Dr. Basimo considered a moment, then pulled off his bag-like mask. I knew what we would see. I’d warned Dame Okra, but still she gasped. Josquin averted his eyes and took a quick sip of coffee.

Under the mask’s leather beak was a real one, thick and strong like a finch’s. Unlike a finch’s, it had serrated edges, reminiscent of a dragon’s teeth. He had no separate nose, just avian nostrils atop the beak. His bald, liver-spotted head and scrawny old-man’s neck made him look like a buzzard, but no buzzard ever gazed so intelligently through mournful eyes the color of a summer sky.

“Please call me Nedouard,” said the doctor, taking pains to speak clearly. It was hard for him; I could see his black tongue laboring to make up for the stiffness of his beak, and he couldn’t help the curious snapping sound where language required the lips he didn’t have. “The little fellow said you were all half-dragons. I had believed there were none but me.”

I sat down across from him and rolled up my left sleeve to show the silver dragon scales spiraling up my forearm. Nedouard hesitantly reached across and touched them. “I have a few of those as well,” he said softly. “You are fortunate to have escaped this.” He gestured toward his beak.

“It seems to manifest differently in everyone,” I said. Abdo obligingly stuck out his scaly tongue.

Nedouard nodded thoughtfully. “That doesn’t surprise me. The surprise is that humans and dragons can intermix at all.
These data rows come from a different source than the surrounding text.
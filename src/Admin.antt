-- ===== src/Admin.antt =====
-- admin/keys.go, revoke: what the DELETE of an integration key does to the tables and to the cache
-- of the denylist, which stands behind the hydrator. Both are in `Keyring`, with the readings of the
-- clock as arguments.
pub mod Guard
pub mod Keys
mod Tests
use tempogate.Common.{ℕ, String}
use tempogate.State.Driver.{Driver}
use tempogate.State.IntegrationKeys.{KeyTables, MarkResult, marked, mark_integration_key_revoked}
use tempogate.Keys.Denylist.{DenylistCache, Order, hydrate}

pub record Keyring : Type 0 where
  pub tables : KeyTables
  pub cache : DenylistCache

-- The hydration behind a revocation that succeeds.
abbrev pub hydrated : Order → ℕ → DenylistCache → KeyTables × MarkResult → Keyring × MarkResult
hydrated order now c (t, marked j) =
    (record { tables = t; cache = hydrate order now j c }, marked j)
hydrated order now c (t, MarkResult.not_found) =
    (record { tables = t; cache = c }, MarkResult.not_found)
hydrated order now c (t, MarkResult.failed) = (record { tables = t; cache = c }, MarkResult.failed)

-- revoke
unfoldable pub revoke : Driver → Order → ℕ → ℕ → String → Keyring → Keyring × MarkResult
revoke db order at now id k =
    hydrated order now k.cache (mark_integration_key_revoked db id at k.tables)
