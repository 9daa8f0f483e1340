-- ===== src/ClientPath/Examples.antt =====
-- The path `\A\b` on the share `/s`, whose directories all have one file `a`.
use net_mount.Base.{ℕ, ◌≡◌, refl, List, [], ◌∷◌, false}
use net_mount.Bytes.{ascii_to_lower}
use net_mount.Exec.{ok}
use net_mount.Exec.Returns.{Holds}
use net_mount.Os.{Os}
use net_mount.Os.Sample.{World, sample}
use net_mount.Folder.Sample.{share}
use net_mount.Folder.{State, create_server_path}
use net_mount.Folder.Names.{HasNames}
use net_mount.Folder.Within.{Behind}
use net_mount.ClientPath.{create_relative_path, relative_path, split_slashes, drop_empty}
use net_mount.ClientPath.Relative.{create_server_path-Behind}

abbrev one_file : Os World
one_file = record sample { iterate = λ p w. ((b'a' ∷ []) ∷ [], ok tt) }

abbrev state : State World
state = record { items = []; world = [] }

abbrev sent : List ℕ
sent = b'\\' ∷ b'A' ∷ b'\\' ∷ b'\\' ∷ b'b' ∷ []

relative_test : create_relative_path sent ≡ (b'a' ∷ []) ∷ (b'b' ∷ []) ∷ []
unfolding create_relative_path relative_path split_slashes drop_empty ascii_to_lower
relative_test = refl

create_server_path-Behind_example :
    HasNames
      (create_server_path one_file share
        (λ name. name)
        (create_relative_path sent)
        false
        state).1.items
    × Holds
        (λ r. Behind share.root r.0)
        (create_server_path one_file share (λ name. name) (create_relative_path sent) false state).0
create_server_path-Behind_example =
    create_server_path-Behind one_file share (λ name. name) sent false state (λ p w. (refl, tt)) tt
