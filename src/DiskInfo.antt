-- ===== src/DiskInfo.antt =====
-- netmount-server/netmount-server.cpp, the numbers that `process_request` gives for DISK_INFO and
-- DISK_INFO_LARGE: the sizes are limited, and the size of a sector is doubled until the number of
-- sectors fits. A long number has 64 bits, as on Linux. The loops run on fuel.
pub mod Bounds
mod Examples
use net_mount.Base.{ℕ, zero, suc, ◌*◌, ◌/◌, ◌%◌, ◌^◌, ltb, if◌then◌else◌}
use net_mount.Bytes.{u16}

pub record DiskInfo : Type 0 where
  pub total_clusters : ℕ
  pub bytes_per_sector : ℕ
  pub available_clusters : ℕ

unfoldable pub limit : ℕ → ℕ → ℕ
limit most x = if ltb most x then most else x

-- The loop: `most` sectors fit, and the size of a sector has 16 bits.
unfoldable pub grow_sectors : ℕ → ℕ → ℕ → ℕ → ℕ → DiskInfo
grow_sectors zero most bytes total free = record {
  total_clusters = total;
  bytes_per_sector = bytes;
  available_clusters = free;
}
grow_sectors (suc fuel) most bytes total free =
    let rest = grow_sectors fuel most (u16 (bytes * 2)) (total / 2) (free / 2) in
    if ltb most total
    then rest
    else (record { total_clusters = total; bytes_per_sector = bytes; available_clusters = free })

abbrev pub most_bytes : ℕ
most_bytes = 0x7fffffff

abbrev pub most_sectors : ℕ
most_sectors = 0xffff

unfoldable pub disk_info : ℕ → ℕ → DiskInfo
disk_info fs_size free_space =
    grow_sectors 6 most_sectors 512 (limit most_bytes fs_size / 512)
      (limit most_bytes free_space / 512)

abbrev pub most_bytes_large : ℕ
most_bytes_large = 0xffffffff * 0xffff

abbrev pub most_sectors_large : ℕ
most_sectors_large = 0xffffffff

unfoldable pub disk_info_large : ℕ → ℕ → DiskInfo
disk_info_large fs_size free_space =
    grow_sectors 7 most_sectors_large 512 (limit most_bytes_large fs_size / 512)
      (limit most_bytes_large free_space / 512)
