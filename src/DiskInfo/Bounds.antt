-- ===== src/DiskInfo/Bounds.antt =====
-- The numbers fit their fields and state the size of the file system to within one sector.
use net_mount.Base.{ℕ, ◌+◌, ◌*◌, ◌^◌, ◌≤◌, ◌<◌, ◌≡◌, arith}
use net_mount.DiskInfo.{DiskInfo, limit, grow_sectors, disk_info, disk_info_large, most_bytes}

-- The numbers `d` state sizes of `size` and `free` bytes, rounded down to sectors, in a total number
-- of sectors and a size of a sector that are at most `most` and 32768.
abbrev pub States : ℕ → ℕ → ℕ → DiskInfo → Type 0
States most size free d =
    (d.bytes_per_sector * d.total_clusters ≤ size)
    × (size < d.bytes_per_sector * (d.total_clusters + 1))
    × (d.bytes_per_sector * d.available_clusters ≤ free)
    × (free < d.bytes_per_sector * (d.available_clusters + 1))
    × (d.total_clusters ≤ most)
    × (d.bytes_per_sector ≤ 0x8000)

-- For every size of a file system and its free space, DISK_INFO states both, limited to 2 GiB less
-- one byte, rounded down to whole sectors; the number of sectors is at most 65535, so the loop that
-- doubles the size of a sector has come to its end, and that size is at most 32768.
pub disk_info-States :
    (fs_size free_space : ℕ)
    → States 0xffff
        (limit most_bytes fs_size)
        (limit most_bytes free_space)
        (disk_info fs_size free_space)
unfolding disk_info grow_sectors limit
disk_info-States fs_size free_space =
    (ground arith, ground arith, ground arith, ground arith, ground arith, ground arith)

-- For a file system of less than 2 ^ 47 bytes, with no more free space than that, DISK_INFO_LARGE
-- states both, rounded down to whole sectors; the number of sectors is below 2 ^ 32, so its loop has
-- come to its end, and the size of a sector is at most 32768.
pub disk_info_large-States :
    (fs_size free_space : ℕ)
    → fs_size < 2 ^ 47
    → free_space < 2 ^ 47
    → States 0xffffffff fs_size free_space (disk_info_large fs_size free_space)
unfolding disk_info_large grow_sectors limit
disk_info_large-States fs_size free_space h g =
    (ground arith, ground arith, ground arith, ground arith, ground arith, ground arith)

-- From 2 ^ 47 bytes on, DISK_INFO_LARGE states a size of a sector of 0, whatever the free space: the
-- 16 bits of that size have wrapped around.
pub disk_info_large-wraps :
    (fs_size free_space : ℕ)
    → 2 ^ 47 ≤ fs_size
    → (disk_info_large fs_size free_space).bytes_per_sector ≡ 0
unfolding disk_info_large grow_sectors limit
disk_info_large-wraps fs_size free_space h = ground arith
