-- ===== src/DiskInfo/Examples.antt =====
-- A disk of 32 MiB, one of 1 GiB, and one of 128 TiB.
use net_mount.Base.{◌≡◌, refl, ◌^◌, arith}
use net_mount.DiskInfo.{disk_info, disk_info_large, grow_sectors, limit, most_bytes}
use net_mount.DiskInfo.Bounds.{
  States, disk_info-States, disk_info_large-States, disk_info_large-wraps,
}

disk_info_test : (disk_info 33554432 4096).bytes_per_sector ≡ 1024
unfolding disk_info grow_sectors limit
disk_info_test = refl

disk_info-States_example :
    States 0xffff (limit most_bytes 33554432) (limit most_bytes 4096) (disk_info 33554432 4096)
disk_info-States_example = disk_info-States 33554432 4096

disk_info_large-States_example : States 0xffffffff (2 ^ 30) 4096 (disk_info_large (2 ^ 30) 4096)
disk_info_large-States_example = disk_info_large-States (2 ^ 30) 4096 (omega arith) (omega arith)

disk_info_large-wraps_example : (disk_info_large (2 ^ 47) 4096).bytes_per_sector ≡ 0
disk_info_large-wraps_example = disk_info_large-wraps (2 ^ 47) 4096 (omega arith)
But what about—” He nodded at Josquin.

“Oh, not me,” said the herald. He’d gone pale, but he tried valiantly to smile.

Dame Okra said grudgingly, “I have a tail. And no, I won’t show you.”

Nedouard accepted a cup of coffee from Abdo with an almost inaudible “Thank you,” and then there was an awkward silence.
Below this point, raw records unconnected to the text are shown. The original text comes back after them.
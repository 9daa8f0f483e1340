-- ===== src/Drive/Depth.antt =====
-- `check_path_depth` against following the path from name to name.
use net_mount.Base.{
  ℕ, zero, suc, ◌≡◌, refl, ◌∙◌, List, [], ◌∷◌, Bool, true, false, length, Option, some, none,
}
use net_mount.Drive.{FsPath, ignored_part, is_dot_dot, depth_from, check_path_depth}

-- Following a path from a place below the root: the names that lead to where one is, the last one
-- first, or nothing where the path climbs above the root.
abbrev pub step_up : FsPath → Option FsPath
step_up [] = none
step_up (x ∷ xs) = some xs

abbrev pub walk_one : FsPath → List ℕ → Option FsPath
walk_one place part = elim (ignored_part part) [
  | true ↦ some place
  | false ↦ elim (is_dot_dot part) [ true ↦ step_up place | false ↦ some (part ∷ place) ]
]

abbrev pub then_walk : Option FsPath → (FsPath → Option FsPath) → Option FsPath
then_walk none next = none
then_walk (some place) next = next place

abbrev pub walk : FsPath → FsPath → Option FsPath
walk place [] = some place
walk place (part ∷ parts) = then_walk (walk_one place part) (λ here. walk here parts)

abbrev pub depth_of : Option FsPath → Option ℕ
depth_of none = none
depth_of (some place) = some (length place)

abbrev bind : Option ℕ → (ℕ → Option ℕ) → Option ℕ
bind none next = none
bind (some d) next = next d

-- One part, then the rest.
depth_from-step :
    (part : List ℕ) (parts : FsPath) (place : FsPath)
    → depth_from (length place) (part ∷ parts)
      ≡ bind (depth_of (walk_one place part)) (λ d. depth_from d parts)
unfolding depth_from
depth_from-step part parts place = by_tests (ignored_part part) (is_dot_dot part) place
  where
    by_tests :
        (i u : Bool) (place : FsPath)
        → elim i [
          | true ↦ depth_from (length place) parts
          | false ↦ elim u [
            | false ↦ depth_from (suc (length place)) parts
            | true ↦ elim (length place) [ zero ↦ none | suc d ↦ depth_from d parts ]
          ]
        ]
          ≡ bind
              (depth_of (elim i [
                | true ↦ some place
                | false ↦ elim u [ true ↦ step_up place | false ↦ some (part ∷ place) ]
              ]))
              (λ d. depth_from d parts)
    by_tests true u place = refl
    by_tests false false place = refl
    by_tests false true [] = refl
    by_tests false true (x ∷ xs) = refl

depth_from-walk :
    (parts place : FsPath) → depth_from (length place) parts ≡ depth_of (walk place parts)
unfolding depth_from
depth_from-walk [] place = refl
depth_from-walk (part ∷ parts) place =
    depth_from-step part parts place ∙ by_step (walk_one place part) (depth_from-walk parts)
  where
    by_step :
        (one : Option FsPath)
        → ((here : FsPath) → depth_from (length here) parts ≡ depth_of (walk here parts))
        → bind (depth_of one) (λ d. depth_from d parts)
          ≡ depth_of (then_walk one (λ here. walk here parts))
    by_step none rest = refl
    by_step (some here) rest = rest here

-- The depth is the number of names that lead from the root to where the path leads, and -1 is
-- returned exactly for a path that climbs above the root on its way.
pub check_path_depth-walk : (p : FsPath) → check_path_depth p ≡ depth_of (walk [] p)
unfolding check_path_depth
check_path_depth-walk p = depth_from-walk p []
“Did you grow up in Segosh, Nedouard?” I asked gently.

“No, I was born in the village of Basimo,” he said, stirring his coffee, though he’d put nothing in it. “My mother took refuge there, at the Convent of St. Loola. She’d fled her home; she told the nuns my father was a dragon, but they didn’t believe it until they saw my face.”

“You were born with …?” I mimed the beak. “My scales didn’t come in until I was eleven. Abdo’s came in when he was … six?” I looked for confirmation; Abdo nodded.

“Oh, the scales came later,” he said. “The face, alas, was always as you see it. My mother died in childbirth, but there was never any question of the sisters caring for me, however malformed—St. Loola is patroness to children and fools. They raised, educated, and loved me like a son. I wore a mask outside the convent. The villagers were fearful at first, but I was steady and peaceable. They came to accept me.

“Basimo was ravaged by plague when I was seventeen. The convent took in the sick, of course, and I learned to care for the victims, but …” He picked up a spoon and set it down again, drummed agitated fingers. “In the end, there were only five of us left. There is no village of Basimo, not anymore. Only the name I brought with me.”

“How do you manage here?” I asked, careful not to add, With a face like that.